Peritoneal metastases from colorectal cancer belong to Consensus Molecular Subtype 4 and are sensitised to oxaliplatin by inhibiting reducing capacity

• Published in: British journal of cancer Vol. 126; no. 12; pp. 1824 - 1833
• Main Authors: Laoukili, Jamila, Constantinides, Alexander, Wassenaar, Emma C. E., Elias, Sjoerd G., Raats, Danielle A. E., van Schelven, Susanne J., van Wettum, Jonathan, Volckmann, Richard, Koster, Jan, Huitema, Alwin D. R., Nienhuijs, Simon W., de Hingh, Ignace H. J. T., Wiezer, René J., van Grevenstein, Helma M. U., Rinkes, Inne H. M. Borel, Boerma, Djamila, Kranenburg, Onno
• Format: Journal Article
• Language: English
• Published: London Nature Publishing Group UK 01.06.2022; Nature Publishing Group
• Subjects: 631/67/1059/2326; 692/4028/67/1504/1885; Biomedical and Life Sciences; Biomedicine; Cancer Research; Colorectal cancer; Colorectal carcinoma; Detoxification; DNA adducts; Drug Resistance; Epidemiology; Glutamate-cysteine ligase; Glutathione; Metastases; Metastasis; Molecular Medicine; Oncology; Organoids; Oxaliplatin; Peritoneum; Tumors
• ISSN: 0007-0920; 1532-1827
• DOI: 10.1038/s41416-022-01742-5

Background Peritoneal metastases (PM) in colorectal cancer (CRC) are associated with therapy resistance and poor survival.

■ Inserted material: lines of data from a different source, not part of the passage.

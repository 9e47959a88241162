-- ===== src/Spec/Others/RoundTrip.antt =====
-- FakePreSharedKeyExtension.Write on the body of a pre_shared_key extension.
use utls.Base.{
  ℕ, zero, suc, ◌+◌, ◌^◌, ◌≤◌, ◌<◌, le→ltb, List, [], ◌∷◌, ◌++◌, some, Bytes, length, length-append,
  All, append_assoc, append-nil, ◌≡◌, refl, ◌∙◌, arith,
}
use utls.Cryptobyte.{Reader, read-u16, prefixed-append}
use utls.Cryptobyte.Reads.{read-u32}
use utls.Cryptobyte.Loops.{done}
use utls.Extension.Wire.{lo, vec8, vec16, vec8s}
use utls.Session.State.{PskIdentity}
use utls.Session.Psk.{u32}
use utls.Session.Psk.Wire.{identities_wire}
use utls.Spec.Others.{
  minus16, identity_step, read_identities, binder_step, read_binders, binders_after, fake_psk_write,
}

abbrev pub IsIdentity : PskIdentity → Type 0
IsIdentity i = (length i.label < 65536) × (i.obfuscated_ticket_age < 2 ^ 32)

abbrev pub IsBinder : Bytes → Type 0
IsBinder b = length b < 256

module _ (c : Reader) where
  read_bytes-append : (v rest : Bytes) → c.read_bytes (length v) (v ++ rest) ≡ some (v, rest)
  read_bytes-append v rest =
      c.read_bytes_lem (length v) (v ++ rest) ∙ prefixed-append (length v) v rest refl

  identity_step-wire :
      (n m : ℕ) (i : PskIdentity) (rest : Bytes)
      → IsIdentity i
      → n ≡ 2 + length i.label + 4 + m
      → n < 65536
      → identity_step c n (vec16 i.label ++ (u32 i.obfuscated_ticket_age ++ rest))
        ≡ some (i, m, rest)
  unfolding identity_step
  identity_step-wire n m i rest h size fits =
      let k = length i.label in
      let two : minus16 n 2 ≡ k + 4 + m = omega arith in
      let all : minus16 (minus16 (minus16 n 2) k) 4 ≡ m = omega arith in
      rw
        (
          read-u16 c k (i.label ++ (u32 i.obfuscated_ticket_age ++ rest)) h.0,
          identity_step,
          two,
          le→ltb (k + 4 + m) k (omega arith),
        )
        (rw (read_bytes-append i.label (u32 i.obfuscated_ticket_age ++ rest))
          (rw (read-u32 c i.obfuscated_ticket_age rest h.1, all) refl))

  read_identities-wire :
      (ids : List PskIdentity) (fuel n : ℕ) (rest : Bytes)
      → All IsIdentity ids
      → n ≡ length (identities_wire ids)
      → n < 65536
      → n ≤ fuel
      → read_identities c fuel n (identities_wire ids ++ rest) ≡ done (ids, rest)
  unfolding read_identities
  read_identities-wire [] fuel n rest h size fits enough = rw size refl
  read_identities-wire (i ∷ is) fuel zero rest h size fits enough = absurd (omega arith)
  read_identities-wire (i ∷ is) zero (suc n) rest h size fits enough = absurd (omega arith)
  read_identities-wire (i ∷ is) (suc fuel) (suc n) rest h size fits enough =
      let m = length (identities_wire is) in
      let age = u32 i.obfuscated_ticket_age in
      let sum = length-append i.label (age ++ identities_wire is) in
      let whole = append_assoc i.label (age ++ identities_wire is) rest in
      let step =
        identity_step-wire (suc n) m i (identities_wire is ++ rest) h.0 (omega arith) fits in
      rw whole (
        rw (step, read_identities)
          (rw (read_identities-wire is fuel m rest h.1 refl (omega arith) (omega arith)) refl))

  binder_step-wire :
      (n m : ℕ) (x rest : Bytes)
      → IsBinder x
      → n ≡ 1 + length x + m
      → n < 65536
      → binder_step c n (vec8 x ++ rest) ≡ some (x, m, rest)
  unfolding binder_step
  binder_step-wire n m x rest h size fits =
      let k = length x in
      let low : lo k ≡ k = omega arith in
      let one : minus16 n 1 ≡ k + m = omega arith in
      let all : minus16 (minus16 n 1) (lo k) ≡ m = omega arith in
      rw
        (
          c.read_uint8_cons (lo k) (x ++ rest),
          binder_step,
          low,
          one,
          le→ltb (k + m) k (omega arith),
        )
        (rw (read_bytes-append x rest, all) refl)

  read_binders-wire :
      (bs : List Bytes) (fuel n : ℕ) (rest : Bytes)
      → All IsBinder bs
      → n ≡ length (vec8s bs)
      → n < 65536
      → n ≤ fuel
      → read_binders c fuel n (vec8s bs ++ rest) ≡ done (bs, rest)
  unfolding read_binders
  read_binders-wire [] fuel n rest h size fits enough = rw size refl
  read_binders-wire (x ∷ xs) fuel zero rest h size fits enough = absurd (omega arith)
  read_binders-wire (x ∷ xs) zero (suc n) rest h size fits enough = absurd (omega arith)
  read_binders-wire (x ∷ xs) (suc fuel) (suc n) rest h size fits enough =
      let m = length (vec8s xs) in
      let sum = length-append x (vec8s xs) in
      let whole = append_assoc x (vec8s xs) rest in
      let step = binder_step-wire (suc n) m x (vec8s xs ++ rest) h.0 (omega arith) fits in
      rw whole (
        rw (step, read_binders)
          (rw (read_binders-wire xs fuel m rest h.1 refl (omega arith) (omega arith)) refl))

  -- The body of a pre_shared_key extension, with lists that fit their lengths, is read back to the
  -- identities and the binders that it was made of.
  pub fake_psk_write-wire :
      (ids : List PskIdentity) (bs : List Bytes)
      → All IsIdentity ids
      → All IsBinder bs
      → length (identities_wire ids) < 65536
      → length (vec8s bs) < 65536
      → fake_psk_write c (vec16 (identities_wire ids) ++ vec16 (vec8s bs)) ≡ done (ids, bs)
  unfolding fake_psk_write
  fake_psk_write-wire ids bs hi' hb ids_fit bs_fit =
      let ni = length (identities_wire ids) in
      let nb = length (vec8s bs) in
      let s = identities_wire ids ++ vec16 (vec8s bs) in
      let sum = length-append (identities_wire ids) (vec16 (vec8s bs)) in
      let end' = append-nil (vec8s bs) in
      let binders = read_binders-wire bs (suc nb) nb [] hb refl bs_fit (omega arith) in
      rw (read-u16 c ni s ids_fit, fake_psk_write)
        (rw
          (read_identities-wire ids (suc (length s)) ni (vec16 (vec8s bs)) hi' refl ids_fit
            (omega arith))
          (rw (read-u16 c nb (vec8s bs) bs_fit, binders_after) (rw (rw end' at binders) refl)))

Oxaliplatin monotherapy is widely applied in the intraperitoneal treatment of PM, but fails to yield clinical benefit. We aimed to identify the mechanism(s) underlying PM resistance to oxaliplatin and to develop strategies overcoming such resistance. Experimental design We generated a biobank consisting of 35 primary tumour regions and 59 paired PM from 12 patients. All samples were analysed by RNA sequencing. We also generated a series of PM-derived organoid (PMDO) cultures and used these to design and test strategies to overcome resistance to oxaliplatin. Results PM displayed various hallmarks of aggressive CRC biology. The vast majority of PM and paired primary tumours belonged to the Consensus Molecular Subtype 4 (CMS4). PMDO cultures were resistant to oxaliplatin and expressed high levels of glutamate-cysteine ligase (GCLC) causing detoxification of oxaliplatin through glutathione synthesis. Genetic or pharmacological targeting of GCLC sensitised PMDOs to a 1-h exposure to oxaliplatin, through increased platinum-DNA adduct formation. Conclusions These results link oxaliplatin resistance of colorectal PM to their CMS4 status and high reducing capacity. Inhibiting the reducing capacity of PM may be an effective strategy to overcome PM resistance to oxaliplatin.